═════ Given information ═════

-- ===== src/Merkle/Tree/LevelOrder.antt =====
-- The hashes that `ToSummary` of src/kvsrv/merkle.go collects from a full tree: which node stands at
-- which position.
use dynamo_kvsrv_pbs.Prelude.{
  ℕ, zero, suc, ◌+◌, ◌*◌, ◌≤◌, ◌<◌, ◌≡◌, refl, sym, ◌∙◌, ap, List, [], ◌∷◌, ◌++◌, length,
  length-append, Bytes, arith, All, All-append,
}
use mathlib.Core.Path.{subst}
use mathlib.Core.List.{append_assoc, append-nil}
use dynamo_kvsrv_pbs.Merkle.Tree.{
  MerkleNode, leaf, half, inner, hash_of, node_input, node_count, next_nodes, summary_loop,
  to_summary,
}
use dynamo_kvsrv_pbs.Merkle.Diff.Visit.{hash_at}

-- The hashes of the leaves, from left to right.
abbrev pub leaf_hashes : MerkleNode → List Bytes
leaf_hashes (leaf _ _ hash) = hash ∷ []
leaf_hashes (half _ _ left _) = leaf_hashes left
leaf_hashes (inner _ _ left right _) = leaf_hashes left ++ leaf_hashes right

abbrev pub all_leaf_hashes : List MerkleNode → List Bytes
all_leaf_hashes [] = []
all_leaf_hashes (t ∷ ts) = leaf_hashes t ++ all_leaf_hashes ts

-- A full tree of a height, whose nodes have digests of 32 bytes, above the leaves those of their
-- children's hashes.
pub data IsFull (sha256 : Bytes → Bytes) : ℕ → MerkleNode → Type 0 where
  full_leaf :
      (sector bucket : ℕ) (hash : Bytes)
      → length hash ≡ 32
      → IsFull sha256 0 (leaf sector bucket hash)
  full_inner :
      (height level sector : ℕ) (left right : MerkleNode) (hash : Bytes)
      → length hash ≡ 32
      → hash ≡ sha256 (node_input (hash_of left) (hash_of right))
      → IsFull sha256 height left
      → IsFull sha256 height right
      → IsFull sha256 (suc height) (inner level sector left right hash)

abbrev queue_count : List MerkleNode → ℕ
queue_count [] = 0
queue_count (t ∷ ts) = node_count t + queue_count ts

queue_count-append :
    (ts us : List MerkleNode) → queue_count (ts ++ us) ≡ queue_count ts + queue_count us
queue_count-append [] us = omega arith
queue_count-append (t ∷ ts) us = omega (arith, queue_count-append ts us)

queue_count-next : (t : MerkleNode) → suc (queue_count (next_nodes t)) ≤ node_count t
unfolding next_nodes node_count
queue_count-next (leaf _ _ _) = omega arith
queue_count-next (half _ _ left _) = omega arith
queue_count-next (inner _ _ left right _) = omega arith

hash_at-cons :
    (x : Bytes) (xs : List Bytes) (i j : ℕ) → i ≡ suc j → hash_at (x ∷ xs) i ≡ hash_at xs j
hash_at-cons x xs i j e = ap (hash_at (x ∷ xs)) e

hash_at-append : (xs ys : List Bytes) (i : ℕ) → i < length xs → hash_at (xs ++ ys) i ≡ hash_at xs i
hash_at-append [] ys i h = absurd (omega (arith, h))
hash_at-append (x ∷ xs) ys zero h = refl
hash_at-append (x ∷ xs) ys (suc i) h = hash_at-append xs ys i (omega (arith, h))

pub hash_at-behind :
    (xs ys : List Bytes) (i : ℕ) → hash_at (xs ++ ys) (length xs + i) ≡ hash_at ys i
hash_at-behind [] ys i = let e : 0 + i ≡ i = omega arith in ap (hash_at ys) e
hash_at-behind (x ∷ xs) ys i =
    hash_at-cons x (xs ++ ys) (suc (length xs) + i) (length xs + i) (omega arith)
    ∙ hash_at-behind xs ys i

-- The hash of a node stands in the loop's output where the node stands in the queue.
queue-hash_at :
    (fuel : ℕ) (ts us : List MerkleNode) (x : MerkleNode)
    → queue_count (ts ++ x ∷ us) ≤ fuel
    → hash_at (summary_loop fuel (ts ++ x ∷ us)) (length ts) ≡ hash_of x
unfolding summary_loop
queue-hash_at zero [] us x h = absurd (omega (arith, h, queue_count-next x))
queue-hash_at zero (t ∷ ts) us x h = absurd (omega (arith, h, queue_count-next t))
queue-hash_at (suc fuel) [] us x h = refl
queue-hash_at (suc fuel) (t ∷ ts) us x h =
    let regroup = append_assoc ts (x ∷ us) (next_nodes t) in
    ap (λ q. hash_at (summary_loop fuel q) (length ts)) regroup
    ∙ queue-hash_at fuel ts (us ++ next_nodes t) x (
        subst (λ q. queue_count q ≤ fuel) regroup
          (omega (arith, h, queue_count-next t, queue_count-append (ts ++ x ∷ us) (next_nodes t))))

next-enough :
    (t : MerkleNode) (ts us : List MerkleNode) (fuel : ℕ)
    → node_count t + queue_count (ts ++ us) ≤ suc fuel
    → queue_count (ts ++ (us ++ next_nodes t)) ≤ fuel
next-enough t ts us fuel h =
    let whole = queue_count-append ts (us ++ next_nodes t) in
    let part = queue_count-append us (next_nodes t) in
    omega (arith, h, whole, part, queue_count-append ts us, queue_count-next t)

all_leaf_hashes-pair :
    (us : List MerkleNode) (left right : MerkleNode) (rest : List Bytes)
    → all_leaf_hashes (us ++ left ∷ right ∷ []) ++ rest
      ≡ all_leaf_hashes us ++ (leaf_hashes left ++ leaf_hashes right ++ rest)
all_leaf_hashes-pair [] left right rest =
    ap (λ q. leaf_hashes left ++ q ++ rest) (append-nil (leaf_hashes right))
all_leaf_hashes-pair (u ∷ us) left right rest =
    append_assoc (leaf_hashes u) (all_leaf_hashes (us ++ left ∷ right ∷ [])) rest
    ∙ ap (leaf_hashes u ++◌) (all_leaf_hashes-pair us left right rest)
    ∙ sym (
        append_assoc (leaf_hashes u) (all_leaf_hashes us)
          (leaf_hashes left ++ leaf_hashes right ++ rest))

-- The loop's output from a queue whose first node has position k, in a tree with these leaves.
pub record IsLevelOrder (sha256 : Bytes → Bytes) (k : ℕ) (leaves out : List Bytes) : Type 0 where
  pub upper : List Bytes
  pub split : out ≡ upper ++ leaves
  pub count : suc (k + length upper) ≡ length leaves
  pub above :
      (i : ℕ)
      → i < length upper
      → hash_at out i
        ≡ sha256 (node_input (hash_at out (i * 2 + k + 1)) (hash_at out (i * 2 + k + 2)))
  pub sizes : All (λ hash. length hash ≡ 32) out

module _ (sha256 : Bytes → Bytes) where
  -- A node above the leaves in front of the rest of the output, which begins k places before its
  -- children.
  in_front :
      (k : ℕ) (hash left right : Bytes) (leaves out : List Bytes)
      → length hash ≡ 32
      → hash ≡ sha256 (node_input left right)
      → hash_at out k ≡ left
      → hash_at out (suc k) ≡ right
      → IsLevelOrder sha256 (suc k) leaves out
      → IsLevelOrder sha256 k leaves (hash ∷ out)
  in_front k hash left right leaves out s e l r o = record {
    upper = hash ∷ o.upper;
    split = ap (hash ∷◌) o.split;
    count = omega (arith, o.count);
    above = go;
    sizes = (s, o.sizes);
  }
    where
      go :
          (i : ℕ)
          → i < suc (length o.upper)
          → hash_at (hash ∷ out) i
            ≡ sha256 (
                node_input
                  (hash_at (hash ∷ out) (i * 2 + k + 1))
                  (hash_at (hash ∷ out) (i * 2 + k + 2)))
      go zero h =
          let p = hash_at-cons hash out (0 * 2 + k + 1) k (omega arith) ∙ l in
          let q = hash_at-cons hash out (0 * 2 + k + 2) (suc k) (omega arith) ∙ r in e ∙ cc (p, q)
      go (suc i) h =
          let p = hash_at-cons hash out (suc i * 2 + k + 1) (i * 2 + suc k + 1) (omega arith) in
          let q = hash_at-cons hash out (suc i * 2 + k + 2) (i * 2 + suc k + 2) (omega arith) in
          o.above i (omega (arith, h)) ∙ cc (p, q)

  leaves_alone :
      (fuel : ℕ) (ts : List MerkleNode)
      → All (IsFull sha256 0) ts
      → queue_count ts ≤ fuel
      → (summary_loop fuel ts ≡ all_leaf_hashes ts)
        × (length ts ≡ length (all_leaf_hashes ts))
        × All (λ hash. length hash ≡ 32) (all_leaf_hashes ts)
  unfolding summary_loop next_nodes node_count
  leaves_alone fuel [] a h = (refl, refl, tt)
  leaves_alone zero (_ ∷ ts) (full_leaf _ _ _ _, a) h = absurd (omega (arith, h))
  leaves_alone (suc fuel) (_ ∷ ts) (full_leaf sector bucket hash s, a) h =
      let r = leaves_alone fuel ts a (omega (arith, h)) in
      (ap (hash ∷◌) (ap (summary_loop fuel) (append-nil ts) ∙ r.0), omega (arith, r.1), (s, r.2))

  -- One round, at the first node of the queue.
  round :
      (fuel k h : ℕ) (t : MerkleNode) (ts us : List MerkleNode)
      → IsFull sha256 (suc h) t
      → length ts + length us ≡ k
      → node_count t + queue_count (ts ++ us) ≤ suc fuel
      → IsLevelOrder sha256
          (suc k)
          (all_leaf_hashes (us ++ next_nodes t) ++ all_leaf_hashes ts)
          (summary_loop fuel (ts ++ (us ++ next_nodes t)))
      → IsLevelOrder sha256 k
          (all_leaf_hashes us ++ (leaf_hashes t ++ all_leaf_hashes ts))
          (hash_of t ∷ summary_loop fuel (ts ++ us ++ next_nodes t))
  unfolding next_nodes node_count
  round fuel k h _ ts us (full_inner _ level sector left right hash s e fl fr) len c o =
      let pair = left ∷ right ∷ [] in
      let enough : queue_count (ts ++ us ++ pair) ≤ fuel =
        omega (arith, c, queue_count-append (ts ++ us) pair) in
      let regroup : ts ++ us ++ pair ≡ (ts ++ us ++ left ∷ []) ++ right ∷ [] =
        sym (append_assoc (ts ++ us) (left ∷ []) (right ∷ [])) in
      let at_left = queue-hash_at fuel (ts ++ us) (right ∷ []) left enough in
      let at_right =
        queue-hash_at fuel (ts ++ us ++ left ∷ []) [] right
          (subst (λ q. queue_count q ≤ fuel) regroup enough) in
      let before = length-append ts us in
      let before_right = length-append (ts ++ us) (left ∷ []) in
      let first : length (ts ++ us) ≡ k = omega (arith, before, len) in
      let second : length (ts ++ us ++ left ∷ []) ≡ suc k = omega (arith, first, before_right) in
      in_front k hash (hash_of left) (hash_of right) _ _ s e
        (subst (λ i. hash_at (summary_loop fuel (ts ++ us ++ pair)) i ≡ hash_of left) first at_left)
        (subst (λ i. hash_at (summary_loop fuel (ts ++ us ++ pair)) i ≡ hash_of right) second
          (subst
            (λ q. hash_at (summary_loop fuel q) (length (ts ++ us ++ left ∷ [])) ≡ hash_of right)
            (sym regroup) at_right))
        (subst (λ q. IsLevelOrder sha256 (suc k) q (summary_loop fuel (ts ++ us ++ pair)))
          (all_leaf_hashes-pair us left right (all_leaf_hashes ts))
          (subst
            (λ q.
              IsLevelOrder sha256 (suc k) (all_leaf_hashes (us ++ pair) ++ all_leaf_hashes ts)
                (summary_loop fuel q))
            (sym (append_assoc ts us pair)) o))

  next_nodes-IsFull :
      (h : ℕ) (t : MerkleNode)
      → IsFull sha256 (suc h) t
      → All (IsFull sha256 h) (next_nodes t) × (length (next_nodes t) ≡ 2)
  unfolding next_nodes
  next_nodes-IsFull h _ (full_inner _ level sector left right hash s e fl fr) =
      ((fl, (fr, tt)), refl)

  -- From a queue of nodes of one height, then of the next lower one.
  summary_loop-IsLevelOrder :
      (fuel k h : ℕ) (ts us : List MerkleNode)
      → All (IsFull sha256 (suc h)) ts
      → All (IsFull sha256 h) us
      → length ts + length us ≡ suc k
      → queue_count (ts ++ us) ≤ fuel
      → IsLevelOrder sha256 k
          (all_leaf_hashes us ++ all_leaf_hashes ts)
          (summary_loop fuel (ts ++ us))
  unfolding summary_loop
  summary_loop-IsLevelOrder zero k h (t ∷ ts) us ft fu len c =
      absurd (omega (arith, c, queue_count-next t))
  summary_loop-IsLevelOrder zero k h [] (t ∷ us) ft fu len c =
      absurd (omega (arith, c, queue_count-next t))
  summary_loop-IsLevelOrder fuel k h [] [] ft fu len c = absurd (omega (arith, len))
  summary_loop-IsLevelOrder (suc fuel) k h (t ∷ ts) us ft fu len c =
      let (children, two) = next_nodes-IsFull h t ft.0 in
      round fuel k h t ts us ft.0 (omega (arith, len)) c (
        summary_loop-IsLevelOrder fuel (suc k) h ts (us ++ next_nodes t) ft.1
          (All-append (IsFull sha256 h) us (next_nodes t) fu children)
          (omega (arith, len, length-append us (next_nodes t), two)) (next-enough t ts us fuel c))
  summary_loop-IsLevelOrder (suc fuel) k zero [] (t ∷ us) ft fu len c =
      subst (λ q. IsLevelOrder sha256 k q (summary_loop (suc fuel) (t ∷ us)))
        (sym (append-nil (all_leaf_hashes (t ∷ us))))
        (let (same, n, s) = leaves_alone (suc fuel) (t ∷ us) fu c in
          record {
            upper = [];
            split = same;
            count = omega (arith, n, len);
            above = λ i h. absurd (omega (arith, h));
            sizes = subst (All (λ hash. length hash ≡ 32)) (sym same) s;
          })
  summary_loop-IsLevelOrder (suc fuel) k (suc h) [] (t ∷ us) ft fu len c =
      let (children, two) = next_nodes-IsFull h t fu.0 in
      subst (λ q. IsLevelOrder sha256 k q (summary_loop (suc fuel) (t ∷ us)))
        (sym (append-nil (all_leaf_hashes (t ∷ us))))
        (subst
          (λ q.
            IsLevelOrder sha256 k (all_leaf_hashes (t ∷ us))
              (hash_of t ∷ summary_loop fuel (q ++ next_nodes t)))
          (append-nil us)
          (round fuel k h t us [] fu.0 (omega (arith, len))
            (omega (arith, c, queue_count-append us []))
            (summary_loop-IsLevelOrder fuel (suc k) h us (next_nodes t) fu.1 children
              (omega (arith, len, two))
              (omega (arith, c, queue_count-next t, queue_count-append us (next_nodes t))))))

-- The hashes of a full tree in the order of `ToSummary`.
pub to_summary-IsLevelOrder :
    (sha256 : Bytes → Bytes) (h : ℕ) (root : MerkleNode)
    → IsFull sha256 h root
    → IsLevelOrder sha256 0 (leaf_hashes root) (to_summary root).hashes
unfolding to_summary
to_summary-IsLevelOrder sha256 h root f =
    subst (λ q. IsLevelOrder sha256 0 q (to_summary root).hashes)
      (append-nil (leaf_hashes root ++ []) ∙ append-nil (leaf_hashes root))
      (summary_loop-IsLevelOrder sha256 (node_count root) 0 h [] (root ∷ []) tt (f, tt) refl
        (omega arith))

═════

• **Activity**
Only the number is wanted: how many lines in the preceding entries hold the string "behind"?

• **The completed task**
4